But the indigenous people know that these absurdities are mere tools of a psychological warfare which these white strangers indulge in in order to try and imprison the minds of the indigenous people in the reality that is defined by these white conquerors. In other words, these statements are not accurate descriptions about the indigenous people but are mere ideological rationalisation of the total normative order of white power. As Wade Nobles puts it, “power is the ability to define reality and to impose on other people as if it is their own definition”. Ani Marimba is correct when she posits that “the Europeans have to define reality in which they are superior and that if the Africans reject this definition, the system of white control and domination will not work”.
New ownership patterns and the historically violent introduction of employment, and the concomitant legal and cultural ramifications are some of the aspects of the total normative order of white power. Thus the nomos of white supremacy consists of a process of re-ordering and re-arrangement. The creation of a “frontier” which serves as a demarcation point of the land that now belongs to the white conqueror and that which still belongs to the conquered indigenous people is a process of spatial re-ordering.
This white settler territorial re-arrangement explains the new patterns of ownership. This spatial ordering is preceded by Conquest in the form of land dispossession, because you can only divide and allocate that which you are in control of. The creation of British colonies and the Boer Republics is the historical manifestation of the process of spatial re-ordering as a result of Conquest. The establishment of the Union of south Africa in 1910 and the concomitant invention by the white strangers of the so-called Native reserves and Bantustans is a process of land division in accordance with interests and needs of the white conquerors. Due to the demands of the white strangers’ capitalist mode of production, the division between the rural and urban emerged with its brutal and humiliating influx control legislative framework used to regulate the movement of the indigenous conquered people.

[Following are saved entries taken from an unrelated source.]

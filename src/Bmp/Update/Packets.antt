-- ===== src/Bmp/Update/Packets.antt =====
-- A whole BGP UPDATE.
use for_visibility.Prelude.{
  ℕ, ◌+◌, ◌*◌, ◌/◌, ◌%◌, ◌<◌, ◌≡◌, refl, ◌∙◌, false, true, Option, none, some, ◌==◌, if◌then◌else◌,
  List, [], ◌∷◌, ◌++◌, append_assoc, length, length-append, drop, drop-append_at, take-append_at,
  get_or-append_at, All, arith, le→ltb, returns,
}
use for_visibility.Text.{Bytes}
use for_visibility.Text.Address.{Ip}
use for_visibility.Wire.{put_be16}
use for_visibility.Gnmi.{Effect}
use for_visibility.Bmp.Nlri.{parse_rts}
use for_visibility.Bmp.Update.{
  Found, keep_attr, handle_mp, nothing_found, found_effects, parse_attrs, parse_update,
}
use for_visibility.Bmp.Update.Attributes.{
  PathAttr, IsPathAttr, encode_attrs, keep_all, walk_attrs-encode_attrs,
}

-- A BGP UPDATE: 18 bytes of marker and length, the type 2, the withdrawn routes and the path
-- attributes, each behind its size, and the NLRI.
pub record BgpUpdate : Type 0 where
  pub marker : Bytes
  pub withdrawn : Bytes
  pub attributes : List PathAttr
  pub nlri : Bytes

abbrev pub attr_part : BgpUpdate → Bytes
attr_part u = put_be16 (length (encode_attrs u.attributes)) ++ (encode_attrs u.attributes ++ u.nlri)

abbrev pub type_part : BgpUpdate → Bytes
type_part u = 2 ∷ (put_be16 (length u.withdrawn) ++ (u.withdrawn ++ attr_part u))

abbrev pub update_bytes : BgpUpdate → Bytes
update_bytes u = u.marker ++ type_part u

pub record IsUpdate (u : BgpUpdate) : Type 0 where
  pub marker_size : length u.marker ≡ 18
  pub withdrawn_fits : length u.withdrawn < 65536
  pub attributes_fit : length (encode_attrs u.attributes) < 65536
  pub each_fits : All IsPathAttr u.attributes

-- the value of the last attribute of a type
unfoldable pub last_value : ℕ → List PathAttr → Option Bytes
last_value t [] = none
last_value t (a ∷ attributes) = elim (last_value t attributes) [
  | some v ↦ some v
  | none ↦ if a.atype == t then some a.val else none
]

abbrev pub targets : Option Bytes → List Bytes
targets none = []
targets (some v) = parse_rts v

-- What an UPDATE does: the routes of the last MP_REACH (14) are announced with the route targets of
-- the last extended communities (16), and those of the last MP_UNREACH (15) are withdrawn.
abbrev pub announced : Ip → Option Bytes → List Bytes → List Effect
announced peer none rts = []
announced peer (some v) rts = handle_mp peer v rts false

abbrev pub withdrawn_routes : Ip → Option Bytes → List Effect
withdrawn_routes peer none = []
withdrawn_routes peer (some v) = handle_mp peer v [] true

abbrev pub update_effects : Ip → List PathAttr → List Effect
update_effects peer attributes =
    announced peer (last_value 14 attributes) (targets (last_value 16 attributes))
    ++ withdrawn_routes peer (last_value 15 attributes)

-- what is kept of one kind, after what was kept before
abbrev later : Option Bytes → Option Bytes → Option Bytes
later before none = before
later before (some v) = some v

abbrev later_rts : List Bytes → Option Bytes → List Bytes
later_rts before none = before
later_rts before (some v) = parse_rts v

keep_all-last :
    (s : Found) (attributes : List PathAttr)
    → keep_all s attributes ≡ record {
      mp_reach = later s.mp_reach (last_value 14 attributes);
      mp_unreach = later s.mp_unreach (last_value 15 attributes);
      rts = later_rts s.rts (last_value 16 attributes);
    }
unfolding keep_all keep_attr last_value
keep_all-last s [] = refl
keep_all-last s (a ∷ attributes) =
    keep_all-last (keep_attr s a.atype a.val) attributes ∙ ground arith

found_effects-parts :
    (peer : Ip) (reach unreach communities : Option Bytes)
    → found_effects peer (record {
      mp_reach = later none reach;
      mp_unreach = later none unreach;
      rts = later_rts [] communities;
    })
      ≡ announced peer reach (targets communities) ++ withdrawn_routes peer unreach
unfolding found_effects
found_effects-parts peer reach unreach communities = ground arith

found_effects-last :
    (peer : Ip) (attributes : List PathAttr)
    → found_effects peer (keep_all nothing_found attributes) ≡ update_effects peer attributes
found_effects-last peer attributes = rw (keep_all-last nothing_found attributes) (
    found_effects-parts peer (last_value 14 attributes) (last_value 15 attributes)
      (last_value 16 attributes))

parse_attrs-attr_part :
    (peer : Ip) (u : BgpUpdate)
    → IsUpdate u
    → parse_attrs peer (attr_part u) ≡ returns (update_effects peer u.attributes)
parse_attrs-attr_part peer u h =
    unfold parse_attrs in
    rw (
      size,
      le→ltb (length (encode_attrs u.attributes ++ u.nlri)) (length (encode_attrs u.attributes))
          (omega (arith, length-append (encode_attrs u.attributes) u.nlri)),
      take-append_at _ (encode_attrs u.attributes) u.nlri refl,
      walk_attrs-encode_attrs u.attributes
          (drop (length (encode_attrs u.attributes)) (encode_attrs u.attributes ++ u.nlri))
          h.each_fits,
      found_effects-last peer u.attributes,
    )
  where
    size :
        length (encode_attrs u.attributes) / 256 % 256 * 256
          + length (encode_attrs u.attributes) % 256
        ≡ length (encode_attrs u.attributes)
    size = omega (arith, h.attributes_fit)

-- Of a well-formed UPDATE, whatever its withdrawn routes and NLRI, the MP_REACH that stands last
-- among its attributes is handled as announcements, with the route targets of the extended
-- communities that stand last, if there are any, and then the last MP_UNREACH as withdrawals; nothing
-- else has an effect.
pub parse_update-update_bytes :
    (peer : Ip) (u : BgpUpdate)
    → IsUpdate u
    → parse_update peer (update_bytes u) ≡ returns (update_effects peer u.attributes)
parse_update-update_bytes peer u h =
    let body : Bytes = u.withdrawn ++ attr_part u in
    unfold parse_update in
    rw
      (
        le→ltb (length (update_bytes u)) 19
            (omega (arith, length-append u.marker (type_part u), h.marker_size)),
        get_or-append_at 18 u.marker 2 (put_be16 (length u.withdrawn) ++ body) 0 h.marker_size,
        behind_type,
        size,
        le→ltb (length body) (length u.withdrawn + 2)
            (omega (arith, length-append u.withdrawn (attr_part u))),
        drop-append_at _ u.withdrawn (attr_part u) refl,
        parse_attrs-attr_part peer u h,
      )
      (ground arith)
  where
    behind_type :
        drop 19 (update_bytes u) ≡ put_be16 (length u.withdrawn) ++ (u.withdrawn ++ attr_part u)
    behind_type =
        rw
          (← append_assoc u.marker (2 ∷ [])
            (put_be16 (length u.withdrawn) ++ (u.withdrawn ++ attr_part u)))
          (drop-append_at 19 (u.marker ++ 2 ∷ [])
            (put_be16 (length u.withdrawn) ++ (u.withdrawn ++ attr_part u))
            (omega (arith, length-append u.marker (2 ∷ []), h.marker_size)))

    size : length u.withdrawn / 256 % 256 * 256 + length u.withdrawn % 256 ≡ length u.withdrawn
    size = omega (arith, h.withdrawn_fits)
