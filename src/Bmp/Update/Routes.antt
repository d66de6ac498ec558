-- ===== src/Bmp/Update/Routes.antt =====
-- The routes of MP_REACH and MP_UNREACH: each is written once, in order.
use for_visibility.Prelude.{
  ℕ, zero, suc, ◌+◌, ◌≤◌, ◌≡◌, refl, ap, ◌∙◌, false, true, some, List, [], ◌∷◌, ◌++◌, append_assoc,
  map, length, length-append, drop, drop-append, drop-append_at, take-append_at, All, arith, le→ltb,
}
use for_visibility.Text.{Bytes}
use for_visibility.Text.Address.{Ip}
use for_visibility.Bmp.Nlri.{Nlri, parse_vpn_nlri}
use for_visibility.Bmp.Nlri.RoundTrip.{
  VpnRoute, IsRoute, encode_route, decoded, parse_vpn_nlri-encode_route, encode_route-length,
}
use for_visibility.Bmp.Update.{nlri_loop, nlris, next_hop, write_all, mp_routes, handle_mp}

unfoldable pub encode_routes : List VpnRoute → Bytes
encode_routes [] = []
encode_routes (r ∷ rs) = encode_route r ++ encode_routes rs

routes-length :
    (r : VpnRoute) (rs : List VpnRoute)
    → length (encode_route r ++ encode_routes rs)
      ≡ length (encode_route r) + length (encode_routes rs)
routes-length r rs = length-append (encode_route r) (encode_routes rs)

nlri_loop-some :
    (fuel : ℕ) (p : Bytes) (n : Nlri)
    → parse_vpn_nlri p ≡ some n
    → nlri_loop (suc fuel) p ≡ n ∷ nlri_loop fuel (drop n.consumed p)
nlri_loop-some fuel p n e = unfold nlri_loop in rw (e, nlri_loop)

nlri_loop-encode_routes :
    (fuel : ℕ) (rs : List VpnRoute)
    → All IsRoute rs
    → length (encode_routes rs) ≤ fuel
    → nlri_loop fuel (encode_routes rs) ≡ map decoded rs
unfolding encode_routes nlri_loop
nlri_loop-encode_routes zero [] h enough = refl
nlri_loop-encode_routes (suc fuel) [] h enough = unfold parse_vpn_nlri in refl
nlri_loop-encode_routes zero (r ∷ rs) h enough =
    absurd (omega (arith, routes-length r rs, encode_route-length r))
nlri_loop-encode_routes (suc fuel) (r ∷ rs) (hr, hs) enough =
    nlri_loop-some fuel (encode_route r ++ encode_routes rs) (decoded r)
      (parse_vpn_nlri-encode_route r (encode_routes rs) hr)
    ∙ rw (drop-append (encode_route r) (encode_routes rs)) (
        ap (λ ns. decoded r ∷ ns)
          (nlri_loop-encode_routes fuel rs hs
            (omega (arith, routes-length r rs, encode_route-length r))))

-- The loop over the NLRI finds the routes that were encoded, in order, and ends.
pub nlris-encode_routes :
    (rs : List VpnRoute) → All IsRoute rs → nlris (encode_routes rs) ≡ map decoded rs
unfolding nlris
nlris-encode_routes rs h = nlri_loop-encode_routes _ rs h (omega arith)

-- AFI 1 and SAFI 128, the 12-byte next hop (a route distinguisher of 8 bytes and an IPv4 address),
-- the reserved byte and the routes
abbrev pub mp_reach : Bytes → Ip → ℕ → List VpnRoute → Bytes
mp_reach nh_rd nh reserved rs = 0 ∷ 1 ∷ 128 ∷ 12 ∷ (nh_rd ++ (nh ++ reserved ∷ encode_routes rs))

abbrev pub mp_unreach : List VpnRoute → Bytes
mp_unreach rs = 0 ∷ 1 ∷ 128 ∷ encode_routes rs

next_hop-vpn :
    (nh_rd : Bytes) (nh : Ip) (reserved : ℕ) (p : Bytes)
    → length nh_rd ≡ 8
    → length nh ≡ 4
    → next_hop (12 ∷ (nh_rd ++ (nh ++ reserved ∷ p))) ≡ some (nh, p)
unfolding next_hop
next_hop-vpn nh_rd nh reserved p h8 h4 =
    rw
      (
        le→ltb (length (nh_rd ++ (nh ++ reserved ∷ p))) 12 (
            omega (
              arith,
              length-append nh_rd (nh ++ reserved ∷ p),
              length-append nh (reserved ∷ p),
              h8,
              h4,
            )),
        behind,
        drop-append_at 8 nh_rd (nh ++ reserved ∷ p) h8,
        take-append_at 4 nh (reserved ∷ p) h4,
      )
      (ground arith)
  where
    behind : drop 12 (nh_rd ++ (nh ++ reserved ∷ p)) ≡ reserved ∷ p
    behind = rw (← append_assoc nh_rd nh (reserved ∷ p)) (
        drop-append_at 12 (nh_rd ++ nh) (reserved ∷ p)
          (omega (arith, length-append nh_rd nh, h8, h4)))

-- The MP_REACH attribute of a VPN-IPv4 update announces each of its routes once, in order, with
-- the attribute's IPv4 next hop and the route targets; its MP_UNREACH withdraws each once.
pub handle_mp-routes :
    (peer : Ip) (nh_rd : Bytes) (nh : Ip) (reserved : ℕ) (rs : List VpnRoute) (rts : List Bytes)
    → length nh_rd ≡ 8
    → length nh ≡ 4
    → All IsRoute rs
    → (handle_mp peer (mp_reach nh_rd nh reserved rs) rts false
        ≡ write_all peer nh rts false (map decoded rs))
      × (handle_mp peer (mp_unreach rs) [] true ≡ write_all peer [] [] true (map decoded rs))
unfolding encode_routes mp_routes
handle_mp-routes peer nh_rd nh reserved rs rts h8 h4 h = (
  unfold handle_mp in
      rw (next_hop-vpn nh_rd nh reserved (encode_routes rs) h8 h4, nlris-encode_routes rs h)
        (ground arith),
  unfold handle_mp in rw (nlris-encode_routes rs h) (ground arith),
)
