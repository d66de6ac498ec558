-- ===== src/Cache/Interleaved.antt =====
-- The ingesters call the cache wrapper from their own goroutines, so their calls interleave.
use for_visibility.Prelude.{
  ℕ, suc, ◌≡◌, refl, sym, subst, ap, ◌∙◌, Bool, true, false, ◌&&◌, ◌⊎◌, inl, inr, Option, List, [],
  ◌∷◌, All, Bool-cases, if◌then◌else◌, arith,
}
use for_visibility.Text.{Bytes, bytes_beq, bytes_beq_iff}
use for_visibility.Gnmi.{PathElem, TypedValue, Update, GnmiPath, Effect, cache_update, emit}
use for_visibility.Gnmi.Match.{elems_beq, covers, written, deleted}
use for_visibility.Cache.{GnmiCache, update, run_effects}

-- The third list has the calls of the first two, each in its order.
pub data Interleaved : List Effect → List Effect → List Effect → Type 0 where
  done : Interleaved [] [] []
  mine : {a b c : List Effect} (e : Effect) → Interleaved a b c → Interleaved (e ∷ a) b (e ∷ c)
  others : {a b c : List Effect} (e : Effect) → Interleaved a b c → Interleaved a (e ∷ b) (e ∷ c)

-- A call writes leaves or deletes subtrees, not both.
abbrev pub IsSimple : Effect → Type 0
IsSimple (emit bus kind key detail root) = Unit
IsSimple (cache_update origin ups dels) = (ups ≡ []) ⊎ (dels ≡ [])

-- A call that neither writes the leaf nor deletes a subtree with it.
abbrev pub Spares : List PathElem → Effect → Type 0
Spares p (emit bus kind key detail root) = Unit
Spares p (cache_update origin ups dels) =
    All (λ u. elems_beq u.path.elem p ≡ false) ups × All (λ d. covers d.elem p ≡ false) dels

-- what the calls make of the leaf of an origin
abbrev pub leaf_after : Bytes → List PathElem → List Effect → Option TypedValue → Option TypedValue
leaf_after origin p [] old = old
leaf_after origin p (emit bus kind key detail root ∷ effects) old = leaf_after origin p effects old
leaf_after origin p (cache_update o ups dels ∷ effects) old =
    leaf_after origin p effects
      (if bytes_beq o origin then deleted dels p (written ups p old) else old)

written-spared :
    (ups : List Update) (p : List PathElem) (old : Option TypedValue)
    → All (λ (u : Update). elems_beq u.path.elem p ≡ false) ups
    → written ups p old ≡ old
unfolding written
written-spared [] p old h = refl
written-spared (u ∷ ups) p old (h, hs) = rw (h) (written-spared ups p old hs)

deleted-spared :
    (dels : List GnmiPath) (p : List PathElem) (old : Option TypedValue)
    → All (λ (d : GnmiPath). covers d.elem p ≡ false) dels
    → deleted dels p old ≡ old
unfolding deleted
deleted-spared [] p old h = refl
deleted-spared (d ∷ dels) p old (h, hs) = rw (h) (deleted-spared dels p old hs)

leaf_after-Interleaved :
    (origin : Bytes) (p : List PathElem) {a b c : List Effect} (old : Option TypedValue)
    → Interleaved a b c
    → All (Spares p) b
    → leaf_after origin p c old ≡ leaf_after origin p a old
leaf_after-Interleaved origin p old done h = refl
leaf_after-Interleaved origin p old (mine (emit bus kind key detail root) i) h =
    leaf_after-Interleaved origin p old i h
leaf_after-Interleaved origin p old (mine (cache_update o ups dels) i) h =
    leaf_after-Interleaved origin p _ i h
leaf_after-Interleaved origin p old (others (emit bus kind key detail root) i) h =
    leaf_after-Interleaved origin p old i h.1
leaf_after-Interleaved origin p old (others {c} (cache_update o ups dels) i) ((hu, hd), h) =
    ap (leaf_after origin p c) unchanged ∙ leaf_after-Interleaved origin p old i h
  where
    unchanged : (if bytes_beq o origin then deleted dels p (written ups p old) else old) ≡ old
    unchanged =
        ground (arith, written-spared ups p old hu, deleted-spared dels p (written ups p old) hd)

written-nil :
    {ups : List Update} (p : List PathElem) (old : Option TypedValue)
    → ups ≡ []
    → old ≡ written ups p old
unfolding written
written-nil p old none_written = rw (none_written) refl

deleted-nil :
    {dels : List GnmiPath} (p : List PathElem) (old : Option TypedValue)
    → dels ≡ []
    → old ≡ deleted dels p old
unfolding deleted
deleted-nil p old none_deleted = rw (none_deleted) refl

&&-true : (a b : Bool) → a && b ≡ true → (a ≡ true) × (b ≡ true)
&&-true a b h = ground arith

module _ (g : GnmiCache) (target origin : Bytes) (clock : ℕ → ℕ) (p : List PathElem) where
  open g use {Tree, leaf, leaf-update, leaf-delete, leaf-elsewhere}

  update-here :
      (k : ℕ) (ups : List Update) (dels : List GnmiPath) (t : Tree)
      → (ups ≡ []) ⊎ (dels ≡ [])
      → (update g target (clock k) origin ups dels t).1 ≡ true
      → leaf (update g target (clock k) origin ups dels t).0 target origin p
        ≡ deleted dels p (written ups p (leaf t target origin p))
  unfolding update
  update-here k ups dels t (inl no_ups) fine =
      leaf-delete _ t p no_ups refl fine ∙ ap (deleted dels p) (written-nil p _ no_ups)
  update-here k ups dels t (inr no_dels) fine =
      leaf-update _ t p no_dels refl fine ∙ deleted-nil p _ no_dels

  update-leaf :
      (k : ℕ) (o : Bytes) (ups : List Update) (dels : List GnmiPath) (t : Tree)
      → (ups ≡ []) ⊎ (dels ≡ [])
      → (update g target (clock k) o ups dels t).1 ≡ true
      → leaf (update g target (clock k) o ups dels t).0 target origin p ≡ (
          if bytes_beq o origin
          then deleted dels p (written ups p (leaf t target origin p))
          else leaf t target origin p)
  unfolding update
  update-leaf k o ups dels t simple fine = elim (Bool-cases (bytes_beq o origin)) [
    | inl same ↦ rw (same) (
        subst
          (λ o.
            (update g target (clock k) o ups dels t).1 ≡ true
            → leaf (update g target (clock k) o ups dels t).0 target origin p
              ≡ deleted dels p (written ups p (leaf t target origin p)))
          (sym ((bytes_beq_iff o origin).0 same)) (update-here k ups dels t simple) fine)
    | inr other ↦ rw (other) (leaf-elsewhere _ t origin p other fine)
  ]

  -- An accepted run of calls leaves in a leaf what its own calls make of it.
  run_effects-leaf :
      (k : ℕ) (effects : List Effect) (t : Tree)
      → All IsSimple effects
      → (run_effects g target clock k effects t).1 ≡ true
      → leaf (run_effects g target clock k effects t).0 target origin p
        ≡ leaf_after origin p effects (leaf t target origin p)
  unfolding run_effects
  run_effects-leaf k [] t h fine = refl
  run_effects-leaf k (emit bus kind key detail root ∷ effects) t h fine =
      run_effects-leaf (suc k) effects t h.1 fine
  run_effects-leaf k (cache_update o ups dels ∷ effects) t (simple, h) fine =
      let oks = &&-true _ _ fine in
      run_effects-leaf (suc k) effects (update g target (clock k) o ups dels t).0 h oks.1
      ∙ ap (leaf_after origin p effects) (update-leaf k o ups dels t simple oks.0)

Interleaved-All :
    {a b c : List Effect} (P : Effect → Type 0) → Interleaved a b c → All P a → All P b → All P c
Interleaved-All P done ha hb = tt
Interleaved-All P (mine e i) ha hb = (ha.0, Interleaved-All P i ha.1 hb)
Interleaved-All P (others e i) ha hb = (hb.0, Interleaved-All P i ha hb.1)

-- Calls of other ingesters that spare a leaf make no difference to it, in whatever order they come
-- between an ingester's own calls, if the cache accepts all of them.
pub run_effects-Interleaved :
    (g : GnmiCache) (target origin : Bytes) (clock clock' : ℕ → ℕ) (p : List PathElem)
    {a b c : List Effect} (t : g.Tree)
    → Interleaved a b c
    → All IsSimple a
    → All IsSimple b
    → All (Spares p) b
    → (run_effects g target clock 0 c t).1 ≡ true
    → (run_effects g target clock' 0 a t).1 ≡ true
    → g.leaf (run_effects g target clock 0 c t).0 target origin p
      ≡ g.leaf (run_effects g target clock' 0 a t).0 target origin p
run_effects-Interleaved g target origin clock clock' p {a} {b} {c} t i ha hb spared fine alone =
    run_effects-leaf g target origin clock p 0 c t (Interleaved-All IsSimple i ha hb) fine
    ∙ leaf_after-Interleaved origin p (g.leaf t target origin p) i spared
    ∙ sym (run_effects-leaf g target origin clock' p 0 a t ha alone)
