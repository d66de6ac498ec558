-- ===== src/Examples/Memory.antt =====
-- A concrete cache for the examples: the interface `GnmiCache` can be filled.
use for_visibility.Prelude.{
  ℕ, ◌≡◌, refl, ap, ◌∙◌, true, false, ◌&&◌, Option, none, List, [], if◌then◌else◌,
}
use for_visibility.Text.{Bytes, bytes_beq, bytes_beq_refl}
use for_visibility.Gnmi.{PathElem, GnmiPath, TypedValue, Update, Notification}
use for_visibility.Gnmi.Match.{written, deleted}
use for_visibility.Cache.{GnmiCache}

-- A cache that keeps a value for each leaf and accepts every notification.
abbrev pub Leaves : Type 0
Leaves = Bytes → Bytes → List PathElem → Option TypedValue

unfoldable pub leaves_update : Notification → Leaves → Leaves
leaves_update n t target origin e =
    if bytes_beq n.prefix.target target && bytes_beq n.prefix.origin origin
    then deleted n.delete e (written n.update e (t target origin e))
    else t target origin e

pub leaves_update-here :
    (n : Notification) (t : Leaves) (e : List PathElem)
    → leaves_update n t n.prefix.target n.prefix.origin e
      ≡ deleted n.delete e (written n.update e (t n.prefix.target n.prefix.origin e))
unfolding leaves_update
leaves_update-here n t e = rw (bytes_beq_refl n.prefix.target, bytes_beq_refl n.prefix.origin) refl

pub leaves_update-elsewhere :
    (n : Notification) (t : Leaves) (origin : Bytes) (e : List PathElem)
    → bytes_beq n.prefix.origin origin ≡ false
    → leaves_update n t n.prefix.target origin e ≡ t n.prefix.target origin e
unfolding leaves_update
leaves_update-elsewhere n t origin e differs = rw (bytes_beq_refl n.prefix.target, differs) refl

pub deleted-nil :
    (dels : List GnmiPath) (e : List PathElem) (old : Option TypedValue)
    → dels ≡ []
    → deleted dels e old ≡ old
deleted-nil dels e old none_deleted = rw none_deleted (unfold deleted in refl)

pub written-nil :
    (ups : List Update) (e : List PathElem) (old : Option TypedValue)
    → ups ≡ []
    → written ups e old ≡ old
written-nil ups e old none_written = rw none_written (unfold written in refl)

abbrev pub memory : GnmiCache
memory = record {
  Tree = Leaves;
  gnmi_update = λ n t. (leaves_update n t, true);
  leaf = λ t target origin e. t target origin e;
  leaf-update =
      λ n t e no_dels no_elem fine. leaves_update-here n t e ∙ deleted-nil n.delete e _ no_dels;
  leaf-delete = λ n t e no_ups no_elem fine.
      leaves_update-here n t e ∙ ap (deleted n.delete e) (written-nil n.update e _ no_ups);
  leaf-elsewhere = λ n t origin e differs fine. leaves_update-elsewhere n t origin e differs;
}

abbrev pub no_leaves : Leaves
no_leaves target origin e = none

abbrev pub ticking : ℕ → ℕ
ticking k = k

The 1913 Land Act was a legislative legitimation of land division in accordance with demands and dictates of the white strangers as conquerors. Of course this logic is in accordance with white imperialism as it manifested itself during the 1884-85 Berlin conference when without consultation the white strangers cut up and divided among themselves the continent of our ancestors. This also resulted in the creation of the so-called Protectorates or High Commission Territories such as Botswana and Lesotho. This process of spatial re-ordering took place after the destruction of African empires as centres of black power by the white strangers. Thus division and allocation take place after the founding act of land dispossession, because you can only divide and distribute that which you already possess and control.
This spatial re-ordering is accompanied by a discursive re-ordering which takes the form of epistemicide. Epistemicide, simply explained, is an attempt by the white conqueror to obliterate or distort the culture and knowledge system of the conquered indigenous people and to replace these with the new reality as defined by and in the image of the white conqueror. In other words, the nomos of white supremacy at the discursive level consists of the white conqueror defining a new reality in which he is a superior human being.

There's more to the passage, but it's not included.